Loss of DR3 in IECs leads to growth defects in enteroid cultures. (A) Representative phase-contrast images of ileal enteroids developed from Dr3^fl/fl and Dr3^ΔIEC mice captured on days 1, 3, and 6. Scale bar: 100 μm. (B–D) Enteroid-forming capacity of Dr3^fl/fl and Dr3^ΔIEC crypts analyzed on day 6. (B) Enteroid surface area. (C) Percentage of enteroid formation potential. (D) De novo crypt formation (budding). (E) Representative images of ZO-1 (red), Hoechst dye (blue), and E-cadherin (green) immunofluorescence staining in Dr3^fl/fl (top) and Dr3^ΔIEC (bottom) enteroids. White arrows indicate continuous and discontinuous ZO-1 staining on the luminal side of Dr3^fl/fl and Dr3^ΔIEC enteroids, respectively. Scale bars: 20 μm. Three independent experiments were performed. Means ± SEM are shown. ∗P < .05.

Figure 12

Intestinal epithelial DR3 promotes tissue repair after DSS-induced injury.Dr3^fl/fl and Dr3^ΔIEC mice were treated with 3% DSS for 5 days to induce acute colitis. (A) Combined stool scores (left), consistency score (middle), and blood score (right) during acute DSS colitis (N = 17–18/genotype). (B) Representative H&E staining of Dr3^fl/fl and Dr3^ΔIEC mouse rectal tissue (top).
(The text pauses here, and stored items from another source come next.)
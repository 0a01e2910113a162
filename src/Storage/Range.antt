-- ===== src/Storage/Range.antt =====
-- The ranges of an object: internal/storage/range.go. An int64 is an integer; no sum is formed, and
-- the two differences stay between 0 and the size.
pub mod Laws
pub mod Bytes
use stratus_backend.Prelude.{ℕ, Bool, true, false, ◌≡◌, refl, if◌then◌else◌}
use stratus_backend.Prelude.Int.{ℤ, pos, ◌-ℤ◌, ltb_ℤ, leb_ℤ, min_ℤ}
use stratus_backend.Prelude.Result.{Result, ok, err}

pub record Range : Type 0 where
  pub off : ℤ
  pub n : ℤ
  pub has_len : Bool
  pub suffix : Bool

-- All, From, Slice and Suffix, the only ways to build a Range.
abbrev pub all : Range
all = record { off = pos 0; n = pos 0; has_len = false; suffix = false }

abbrev pub from : ℤ → Range
from off = record { off = off; n = pos 0; has_len = false; suffix = false }

abbrev pub slice : ℤ → ℤ → Range
slice off n = record { off = off; n = n; has_len = true; suffix = false }

abbrev pub suffix_of : ℤ → Range
suffix_of n = record { off = pos 0; n = n; has_len = true; suffix = true }

-- Why a range is refused: one constructor for each message that wraps ErrInvalidRange.
pub data RangeFault : Type 0 where
  negative_size suffix_not_positive negative_offset past_the_end negative_length : RangeFault

-- Resolve
unfoldable pub resolve : Range → ℤ → Result RangeFault (ℤ × ℤ)
resolve r size =
    if ltb_ℤ size (pos 0)
    then err negative_size
    else if r.suffix
    then (if leb_ℤ r.n (pos 0)
        then err suffix_not_positive
        else if leb_ℤ size r.n
        then ok (pos 0, size)
        else ok (size -ℤ r.n, r.n))
    else if ltb_ℤ r.off (pos 0)
    then err negative_offset
    else if ltb_ℤ size r.off
    then err past_the_end
    else if r.has_len
    then (if ltb_ℤ r.n (pos 0) then err negative_length else ok (r.off, min_ℤ r.n (size -ℤ r.off)))
    else ok (r.off, size -ℤ r.off)

suffix_of_ten : resolve (suffix_of (pos 4)) (pos 10) ≡ ok (pos 6, pos 4)
unfolding resolve ◌-ℤ◌
suffix_of_ten = refl
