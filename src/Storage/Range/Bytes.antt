-- ===== src/Storage/Range/Bytes.antt =====
-- The bytes that a resolved range selects, against what its constructor asks for.
use stratus_backend.Prelude.{
  ℕ, ◌-◌, ◌≤◌, ◌<◌, ◌≡◌, refl, sym, ap, true, ◌∙◌, inl, inr, Bool-cases, arith, List, length, take,
  drop, take_all, length-drop, ltb, leb, ltb→lt, leb→le,
}
use stratus_backend.Prelude.Int.{pos, ◌-ℤ◌}
use stratus_backend.Prelude.Result.{ok}
use stratus_backend.Storage.Range.{Range, resolve, all, from, slice, suffix_of}

-- What a caller can ask for with no negative number.
pub data Request : Type 0 where
  everything : Request
  behind : ℕ → Request
  between : ℕ → ℕ → Request
  last : ℕ → Request

abbrev pub range_of : Request → Range
range_of everything = all
range_of (behind off) = from (pos off)
range_of (between off n) = slice (pos off) (pos n)
range_of (last n) = suffix_of (pos n)

-- An offset at the end is allowed, and a suffix asks for a byte at least.
abbrev pub IsSatisfiable : Request → ℕ → Type 0
IsSatisfiable everything size = Unit
IsSatisfiable (behind off) size = off ≤ size
IsSatisfiable (between off n) size = off ≤ size
IsSatisfiable (last n) size = 0 < n

abbrev pub wanted {ℓ} : {A : Type ℓ} → Request → List A → List A
wanted everything xs = xs
wanted (behind off) xs = drop off xs
wanted (between off n) xs = take n (drop off xs)
wanted (last n) xs = drop (length xs - n) xs

take-drop_rest {ℓ} :
    {A : Type ℓ} (k o : ℕ) (xs : List A) → length xs ≤ k → take (k - o) (drop o xs) ≡ drop o xs
take-drop_rest k o xs h = take_all (k - o) (drop o xs) (omega (arith, length-drop o xs))

module _ {ℓ} {A : Type ℓ} (xs : List A) where
  abbrev Selects : Request → Type ℓ
  Selects q =
      (o : ℕ) × (k : ℕ) × (resolve (range_of q) (pos (length xs)) ≡ ok (pos o, pos k))
      × (take k (drop o xs) ≡ wanted q xs)

  select_everything : Selects everything
  unfolding resolve ◌-ℤ◌
  select_everything = (0, length xs, ground arith, take_all (length xs) xs (omega arith))

  select_behind : (o : ℕ) → o ≤ length xs → Selects (behind o)
  unfolding resolve ◌-ℤ◌
  select_behind o h =
      (o, length xs - o, ground arith, take-drop_rest (length xs) o xs (omega arith))

  select_between : (o n : ℕ) → o ≤ length xs → Selects (between o n)
  unfolding resolve ◌-ℤ◌
  select_between o n h = elim (Bool-cases (ltb (length xs - o) n)) [
    | inl e ↦ (
      o,
      length xs - o,
      ground arith,
      take-drop_rest (length xs) o xs (omega arith)
          ∙ sym (take_all n (drop o xs) (omega (arith, length-drop o xs, ltb→lt _ _ e))),
    )
    | inr e ↦ (o, n, ground arith, refl)
  ]

  none_left : (n : ℕ) → leb (length xs) n ≡ true → 0 ≡ length xs - n
  none_left n e = omega (arith, leb→le _ _ e)

  select_last : (n : ℕ) → 0 < n → Selects (last n)
  unfolding resolve ◌-ℤ◌
  select_last n h = elim (Bool-cases (leb (length xs) n)) [
    | inl e ↦ (
      0,
      length xs,
      ground arith,
      take_all (length xs) xs (omega arith) ∙ ap (λ (k : ℕ). drop k xs) (none_left n e),
    )
    | inr e ↦ (
      length xs - n,
      n,
      ground arith,
      take_all n (drop (length xs - n) xs) (omega (arith, length-drop (length xs - n) xs)),
    )
  ]

-- A request that fits the object resolves, and the bytes it resolves to are those that were asked
-- for: all of them, those from an offset on, at most `n` from an offset on, or the last `n`.
pub resolve-wanted {ℓ} :
    {A : Type ℓ} (xs : List A) (q : Request)
    → IsSatisfiable q (length xs)
    → (o : ℕ) × (k : ℕ) × (resolve (range_of q) (pos (length xs)) ≡ ok (pos o, pos k))
      × (take k (drop o xs) ≡ wanted q xs)
resolve-wanted xs everything h = select_everything xs
resolve-wanted xs (behind o) h = select_behind xs o h
resolve-wanted xs (between o n) h = select_between xs o n h
resolve-wanted xs (last n) h = select_last xs n h
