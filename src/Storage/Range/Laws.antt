-- ===== src/Storage/Range/Laws.antt =====
-- What a resolved range is.
use stratus_backend.Prelude.{◌≡◌, arith, Bool-cases, inl, inr}
use stratus_backend.Prelude.Int.{ℤ, pos, ◌-ℤ◌, ◌+ℤ◌, ◌≤ℤ◌, leb_ℤ, min_ℤ, min_ℤ_cases, int_laws}
use stratus_backend.Prelude.Result.{ok}
use stratus_backend.Storage.Range.{Range, resolve}

-- The pairs that Resolve can answer.
data Answer (r : Range) (size off n : ℤ) : Type 0 where
  whole : pos 0 ≤ℤ size → off ≡ pos 0 → n ≡ size → Answer r size off n
  tail : pos 0 ≤ℤ r.n → r.n ≤ℤ size → off ≡ size -ℤ r.n → n ≡ r.n → Answer r size off n
  rest : pos 0 ≤ℤ r.off → r.off ≤ℤ size → off ≡ r.off → n ≡ size -ℤ r.off → Answer r size off n
  part :
      pos 0 ≤ℤ r.off
      → r.off ≤ℤ size
      → pos 0 ≤ℤ r.n
      → off ≡ r.off
      → n ≡ min_ℤ r.n (size -ℤ r.off)
      → Answer r size off n

abbrev Inside : ℤ → ℤ → ℤ → Type 0
Inside size off n = (pos 0 ≤ℤ off) × (pos 0 ≤ℤ n) × (off +ℤ n ≤ℤ size)

resolve_answer : (r : Range) (size off n : ℤ) → resolve r size ≡ ok (off, n) → Answer r size off n
unfolding resolve
resolve_answer r size off n h = elim (Bool-cases r.suffix) [
  | inl s ↦ elim (Bool-cases (leb_ℤ size r.n)) [
    | inl w ↦ whole (ground arith) (ground arith) (ground arith)
    | inr w ↦ tail (ground arith) (ground arith) (ground arith) (ground arith)
  ]
  | inr s ↦ elim (Bool-cases r.has_len) [
    | inl l ↦ part (ground arith) (ground arith) (ground arith) (ground arith) (ground arith)
    | inr l ↦ rest (ground arith) (ground arith) (ground arith) (ground arith)
  ]
]

Answer-Inside : (r : Range) (size off n : ℤ) → Answer r size off n → Inside size off n
Answer-Inside r size off n (whole h e f) = rw (e, f) (omega int_laws)
Answer-Inside r size off n (tail a b e f) = rw (e, f) (omega int_laws)
Answer-Inside r size off n (rest a b e f) = rw (e, f) (omega int_laws)
Answer-Inside r size off n (part a b c e f) = elim (min_ℤ_cases r.n (size -ℤ r.off)) [
  | inl (g, l) ↦ rw (e, f, g) (omega int_laws)
  | inr (g, l) ↦ rw (e, f, g) (omega int_laws)
]

-- A range that resolves lies inside the object: its offset and its length are not negative, and it
-- ends at the end of the object or before it.
pub resolve_bounds :
    (r : Range) (size : ℤ) {off n : ℤ}
    → resolve r size ≡ ok (off, n)
    → (pos 0 ≤ℤ off) × (pos 0 ≤ℤ n) × (off +ℤ n ≤ℤ size)
resolve_bounds r size {off} {n} h = Answer-Inside r size off n (resolve_answer r size off n h)
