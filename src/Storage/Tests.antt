-- ===== src/Storage/Tests.antt =====
-- Keys and ranges at concrete values.
use stratus_backend.Prelude.{ℕ, ◌≡◌, ◌↔◌, refl, none, arith, List, [], ◌∷◌, take, drop, length}
use stratus_backend.Prelude.Int.{pos, ◌+ℤ◌, ◌-ℤ◌, ◌≤ℤ◌}
use stratus_backend.Prelude.Text.{codes}
use stratus_backend.Prelude.Result.{ok}
use stratus_backend.Storage.Key.{validate_key}
use stratus_backend.Storage.Key.Laws.{IsKey, validate_key-none}
use stratus_backend.Storage.Range.{resolve, slice}
use stratus_backend.Storage.Range.Laws.{resolve_bounds}
use stratus_backend.Storage.Range.Bytes.{between, range_of, wanted, resolve-wanted}

validate_key-none_example :
    (validate_key (codes "photos/2024/img.jpg") ≡ none) ↔ IsKey (codes "photos/2024/img.jpg")
validate_key-none_example = validate_key-none (codes "photos/2024/img.jpg")

resolved : resolve (slice (pos 6) (pos 9)) (pos 10) ≡ ok (pos 6, pos 4)
unfolding resolve ◌-ℤ◌
resolved = refl

resolve_bounds_example : (pos 0 ≤ℤ pos 6) × (pos 0 ≤ℤ pos 4) × (pos 6 +ℤ pos 4 ≤ℤ pos 10)
resolve_bounds_example = resolve_bounds (slice (pos 6) (pos 9)) (pos 10) resolved

abbrev object : List ℕ
object = 1 ∷ 2 ∷ 3 ∷ []

resolve-wanted_example :
    (o : ℕ) × (k : ℕ) × (resolve (range_of (between 1 5)) (pos (length object)) ≡ ok (pos o, pos k))
    × (take k (drop o object) ≡ wanted (between 1 5) object)
resolve-wanted_example = resolve-wanted object (between 1 5) (omega arith)
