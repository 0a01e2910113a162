-- ===== src/Web.antt =====
-- The web interface: internal/web.
pub mod Cursor
mod Tests
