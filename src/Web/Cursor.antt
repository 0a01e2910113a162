-- ===== src/Web/Cursor.antt =====
-- The listing's cursor on the wire: internal/web/cursor.go, over the Cursor and the FileSortKey of
-- internal/db/file.go. A modification time is in milliseconds from the Unix epoch, the precision to
-- which every row is normalised.
pub mod RoundTrip
use stratus_backend.Prelude.{
  ℕ, ◌-◌, ◌≡◌, refl, Bool, true, false, List, [], ◌∷◌, ◌++◌, Option, none, some, if◌then◌else◌,
}
use stratus_backend.Prelude.Int.{ℤ, pos, negsuc}
use stratus_backend.Prelude.Text.{Bytes, codes, beq, cut}
use stratus_backend.Prelude.Decimal.{format_int, parse_int}
use stratus_backend.Prelude.Result.{Result, ok, err}
use stratus_backend.Db.Path.{PathFault, validate_path}

pub data FileSortKey : Type 0 where
  sort_name sort_size sort_mtime : FileSortKey

-- The zero time.Time, the first of January of the year 1.
abbrev pub zero_time : ℤ
zero_time = negsuc (62_135_596_800_000 - 1)

pub record Cursor : Type 0 where
  pub is_dir : Bool
  pub path : Bytes
  pub size : ℤ
  pub mtime : ℤ

abbrev pub start : Cursor
start = record { is_dir = false; path = []; size = pos 0; mtime = zero_time }

-- AtStart
unfoldable pub at_start : Cursor → Bool
at_start c = beq c.path []

-- Groups: the values of is_dir that a page reads, in order.
unfoldable pub groups : Cursor → List Bool
groups c =
    if at_start c then true ∷ false ∷ [] else if c.is_dir then true ∷ false ∷ [] else false ∷ []

unfoldable pub encode_cursor : FileSortKey → Cursor → Bytes
encode_cursor key c =
    let kind = if c.is_dir then codes "d/" else codes "f/" in
    elim key [
      | sort_size ↦ kind ++ (format_int c.size ++ (codes "/" ++ c.path))
      | sort_mtime ↦ kind ++ (format_int c.mtime ++ (codes "/" ++ c.path))
      | sort_name ↦ kind ++ c.path
    ]

pub data CursorFault : Type 0 where
  no_kind unknown_kind no_sort_value bad_number : CursorFault
  bad_path : PathFault → CursorFault

-- The path is what is left, and is checked as every path is.
unfoldable pub with_path : Cursor → Bytes → Result CursorFault Cursor
with_path c rest = elim (validate_path rest) [
  | some e ↦ err (bad_path e)
  | none ↦ ok (record c { path = rest })
]

with_value : FileSortKey → Cursor → ℤ → Cursor
with_value sort_name c n = c
with_value sort_size c n = record c { size = n }
with_value sort_mtime c n = record c { mtime = n }

-- The part that holds the value of the ordering, where the ordering has one.
unfoldable pub parse_value : FileSortKey → Cursor → Bytes → Result CursorFault Cursor
unfolding with_path with_value
parse_value sort_name c rest = with_path c rest
parse_value key c rest = elim (cut rest b'/') [
  | none ↦ err no_sort_value
  | some (value, p) ↦ elim (parse_int value) [
    | none ↦ err bad_number
    | some n ↦ with_path (with_value key c n) p
  ]
]

unfoldable pub parse_cursor : FileSortKey → Bytes → Result CursorFault Cursor
unfolding parse_value
parse_cursor key [] = ok start
parse_cursor key (b ∷ v) = elim (cut (b ∷ v) b'/') [
  | none ↦ err no_kind
  | some (kind, rest) ↦
      if beq kind (codes "d")
      then parse_value key (record start { is_dir = true }) rest
      else if beq kind (codes "f")
      then parse_value key start rest
      else err unknown_kind
]
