-- ===== src/Web/Cursor/RoundTrip.antt =====
-- A cursor read back from a URL.
use stratus_backend.Prelude.{
  ◌≡◌, refl, Bool, true, false, [], ◌∷◌, ◌++◌, none, some, if◌then◌else◌, arith, ◌∙◌, ◌⊎◌, inl, inr,
  Option-cases, Bool-cases,
}
use stratus_backend.Prelude.Int.{ℤ}
use stratus_backend.Prelude.Text.{Bytes, codes, beq, cut, cut-append}
use stratus_backend.Prelude.Decimal.{
  format_int, parse_int, IsInt64, parse_int-format_int, format_int-Lacks,
}
use stratus_backend.Prelude.Result.{ok}
use stratus_backend.Db.Path.{validate_path}
use stratus_backend.Web.Cursor.{
  FileSortKey, sort_name, sort_size, sort_mtime, Cursor, start, encode_cursor, parse_cursor,
  parse_value, with_path, with_value,
}

-- What an ordering keeps of a cursor: the group, the path and its own column.
abbrev pub kept : FileSortKey → Cursor → Cursor
kept sort_name c = record start { is_dir = c.is_dir; path = c.path }
kept sort_size c = record start { is_dir = c.is_dir; path = c.path; size = c.size }
kept sort_mtime c = record start { is_dir = c.is_dir; path = c.path; mtime = c.mtime }

cut_value :
    (n : ℤ) (p : Bytes) → cut (format_int n ++ (codes "/" ++ p)) b'/' ≡ some (format_int n, p)
cut_value n p =
    cut-append (format_int n) p b'/' (format_int-Lacks n b'/' (omega arith) (omega arith))

parse_size :
    (c : Cursor) (n : ℤ) (p : Bytes)
    → IsInt64 n
    → parse_value sort_size c (format_int n ++ (codes "/" ++ p))
      ≡ with_path (record c { size = n }) p
unfolding parse_value
parse_size c n p h = rw (cut_value n p, parse_int-format_int n h, parse_value)

parse_mtime :
    (c : Cursor) (n : ℤ) (p : Bytes)
    → IsInt64 n
    → parse_value sort_mtime c (format_int n ++ (codes "/" ++ p))
      ≡ with_path (record c { mtime = n }) p
unfolding parse_value
parse_mtime c n p h = rw (cut_value n p, parse_int-format_int n h, parse_value)

with_path_valid :
    (c : Cursor) (p : Bytes) → validate_path p ≡ none → with_path c p ≡ ok (record c { path = p })
unfolding with_path
with_path_valid c p h = rw (h, with_path)

abbrev at_kind : Bool → Cursor
at_kind b = record start { is_dir = b }

abbrev kind_of : Bool → Bytes
kind_of b = if b then codes "d/" else codes "f/"

parse_kind :
    (key : FileSortKey) (b : Bool) (rest : Bytes)
    → parse_cursor key (kind_of b ++ rest) ≡ parse_value key (record start { is_dir = b }) rest
unfolding parse_cursor cut beq
parse_kind key true rest = refl
parse_kind key false rest = refl

-- A cursor at a stored path is read back as what the ordering keeps of it, under the ordering that
-- wrote it, where its size and its time fit an int64.
pub parse_cursor-encode_cursor :
    (key : FileSortKey) (c : Cursor)
    → validate_path c.path ≡ none
    → IsInt64 c.size
    → IsInt64 c.mtime
    → parse_cursor key (encode_cursor key c) ≡ ok (kept key c)
unfolding encode_cursor parse_value
parse_cursor-encode_cursor sort_name c v s t =
    parse_kind sort_name c.is_dir c.path ∙ with_path_valid (at_kind c.is_dir) c.path v
parse_cursor-encode_cursor sort_size c v s t =
    parse_kind sort_size c.is_dir (format_int c.size ++ (codes "/" ++ c.path))
    ∙ parse_size (at_kind c.is_dir) c.size c.path s
    ∙ with_path_valid (record start { is_dir = c.is_dir; size = c.size }) c.path v
parse_cursor-encode_cursor sort_mtime c v s t =
    parse_kind sort_mtime c.is_dir (format_int c.mtime ++ (codes "/" ++ c.path))
    ∙ parse_mtime (at_kind c.is_dir) c.mtime c.path t
    ∙ with_path_valid (record start { is_dir = c.is_dir; mtime = c.mtime }) c.path v

-- A cursor written under the order of sizes is accepted under the order of times, with the size
-- taken for the time in milliseconds.
pub parse_cursor_other_key :
    (c : Cursor)
    → validate_path c.path ≡ none
    → IsInt64 c.size
    → parse_cursor sort_mtime (encode_cursor sort_size c)
      ≡ ok (record start { is_dir = c.is_dir; path = c.path; mtime = c.size })
unfolding encode_cursor
parse_cursor_other_key c v s =
    parse_kind sort_mtime c.is_dir (format_int c.size ++ (codes "/" ++ c.path))
    ∙ parse_mtime (at_kind c.is_dir) c.size c.path s
    ∙ with_path_valid (record start { is_dir = c.is_dir; mtime = c.size }) c.path v

with_path_ok : (c d : Cursor) (p : Bytes) → with_path c p ≡ ok d → validate_path d.path ≡ none
unfolding with_path
with_path_ok c d p h = elim (Option-cases (validate_path p)) [
  | inl e ↦ let q : d.path ≡ p = ground arith in rw q e
  | inr (f, e) ↦ cc (rw (e, with_path) at h)
]

value_ok :
    (key : FileSortKey) (c d : Cursor) (rest : Bytes)
    → parse_value key c rest ≡ ok d
    → validate_path d.path ≡ none
unfolding parse_value
value_ok sort_name c d rest h = with_path_ok c d rest h
value_ok key c d rest h = elim (Option-cases (cut rest b'/')) [
  | inl e ↦ cc (rw (e, parse_value) at h)
  | inr ((value, p), e) ↦ elim (Option-cases (parse_int value)) [
    | inl f ↦ cc (rw (e, f, parse_value) at h)
    | inr (n, f) ↦ with_path_ok (with_value key c n) d p (rw (e, f, parse_value) at h)
  ]
]

-- Every cursor that is accepted is the start of the listing or stands at a path that can be stored.
pub parse_cursor-path :
    (key : FileSortKey) (v : Bytes) (d : Cursor)
    → parse_cursor key v ≡ ok d
    → (d ≡ start) ⊎ (validate_path d.path ≡ none)
unfolding parse_cursor
parse_cursor-path key [] d h = inl (cc)
parse_cursor-path key (b ∷ v) d h = inr (elim (Option-cases (cut (b ∷ v) b'/')) [
  | inl e ↦ cc (rw (e, parse_cursor) at h)
  | inr ((kind, rest), e) ↦ elim (Bool-cases (beq kind (codes "d"))) [
    | inl f ↦ value_ok key _ d rest (rw (e, f, parse_cursor) at h)
    | inr f ↦ elim (Bool-cases (beq kind (codes "f"))) [
      | inl g ↦ value_ok key _ d rest (rw (e, f, g, parse_cursor) at h)
      | inr g ↦ cc (rw (e, f, g, parse_cursor) at h)
    ]
  ]
])
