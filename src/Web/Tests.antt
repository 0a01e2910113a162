-- ===== src/Web/Tests.antt =====
-- Cursors at concrete values.
use stratus_backend.Prelude.{◌≡◌, ◌⊎◌, refl, none, arith, true}
use stratus_backend.Prelude.Int.{pos}
use stratus_backend.Prelude.Text.{codes, beq, split, cut_prefix, cut_suffix}
use stratus_backend.Prelude.Utf8.{runes}
use stratus_backend.Prelude.Segments.{has_control}
use stratus_backend.Prelude.Result.{ok}
use stratus_backend.Db.Path.{validate_path, segments_fault, segment_fault}
use stratus_backend.Web.Cursor.{Cursor, sort_size, sort_mtime, start, encode_cursor, parse_cursor}
use stratus_backend.Web.Cursor.RoundTrip.{
  kept, parse_cursor-encode_cursor, parse_cursor_other_key, parse_cursor-path,
}

abbrev album : Cursor
album = record { is_dir = true; path = codes "photos"; size = pos 4096; mtime = pos 7 }

album_valid : validate_path (codes "photos") ≡ none
unfolding validate_path runes has_control beq split cut_prefix cut_suffix segments_fault
    segment_fault
album_valid = refl

parse_cursor-encode_cursor_example :
    parse_cursor sort_size (encode_cursor sort_size album) ≡ ok (kept sort_size album)
parse_cursor-encode_cursor_example =
    parse_cursor-encode_cursor sort_size album album_valid (omega arith) (omega arith)

parse_cursor_other_key_example :
    parse_cursor sort_mtime (encode_cursor sort_size album)
    ≡ ok (record start { is_dir = true; path = codes "photos"; mtime = pos 4096 })
parse_cursor_other_key_example = parse_cursor_other_key album album_valid (omega arith)

parse_cursor-path_example : (kept sort_size album ≡ start) ⊎ (validate_path (codes "photos") ≡ none)
parse_cursor-path_example =
    parse_cursor-path sort_size (encode_cursor sort_size album) (kept sort_size album)
      (parse_cursor-encode_cursor sort_size album album_valid (omega arith) (omega arith))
Red arrowheads indicate regenerating crypts, black arrows indicate regenerating epithelial layer, and black arrowheads indicate ulcerations. Histology score (bottom left), and regeneration score (bottom right) in rectum are shown. Each dot represents an individual mouse. Data are presented as median with interquartile range. Scale bar: 100 μm. (C) Representative macroscopic images of spleens (top) and splenocyte numbers (bottom) from 2 independent experiments are shown (N = 9–10/genotype). (D) MLN homogenates were cultured under anerobic conditions on chocolate blood agar plates. Representative images for colonies (top). Colony forming unit (CFU) was analyzed by Χ² test (N = 5–6/genotype) (bottom). (E and F) Dr3^fl/fl and Dr3^ΔIEC mice were injected intraperitoneally with BrdU 24 hours before being killed. (E) Representative colonic BrdU staining (red) co-stained with DAPI (green). Scale bar: 50 μm. (F) Quantification of BrdU⁺ cells in colonic tissue sections. BrdU⁺ cells were counted in 20 well-oriented crypts. Each symbol represents the average BrdU⁺ cells/crypt of an individual mouse. (G) Quantification of BrdU⁺ cells in colonic tissue sections of water and DSS-treated mice. BrdU⁺ cells were counted in 20 well-oriented crypt–villi axis. Each symbol represents the average of BrdU⁺ cells/crypt–villi axis of an individual mouse. Means ± SEM are shown. ∗P < .05, ∗∗∗P < .005.

Figure 13

T_H1, T_H17, and ILC3 responses are not altered in Dr3^ΔIECmice during acute DSS colitis.Dr3^fl/fl and Dr3^ΔIEC mice were treated with 3% DSS for 3 days to induce acute colitis. (A) Cells were isolated from LP and the total number of cells (left) and CD4⁺ T cells (right) were counted. (B) Ileal tissue explants were cultured for 24 hours and supernatants were analyzed by enzyme-linked immunosorbent assay (ELISA). Concentrations of secreted cytokines were normalized to the dry weight of the tissue sections. (C) ELISA analysis of IFN-gamma, IL17A, and IL22 production from LPMCs after ex vivo restimulation with anti-CD3 and anti-CD28. (D) Frequency of IFN-gamma, IL17A, IL22, and IL10-positive cells in LPMCs isolated from the large intestine were assessed by intracellular staining using flow cytometry. (E) Total number of IL22-positive RORγt⁺ ILC3s in LPMCs isolated from the large intestine. Each dot represents an individual mouse. Means ± SEM are shown. ∗P < .05.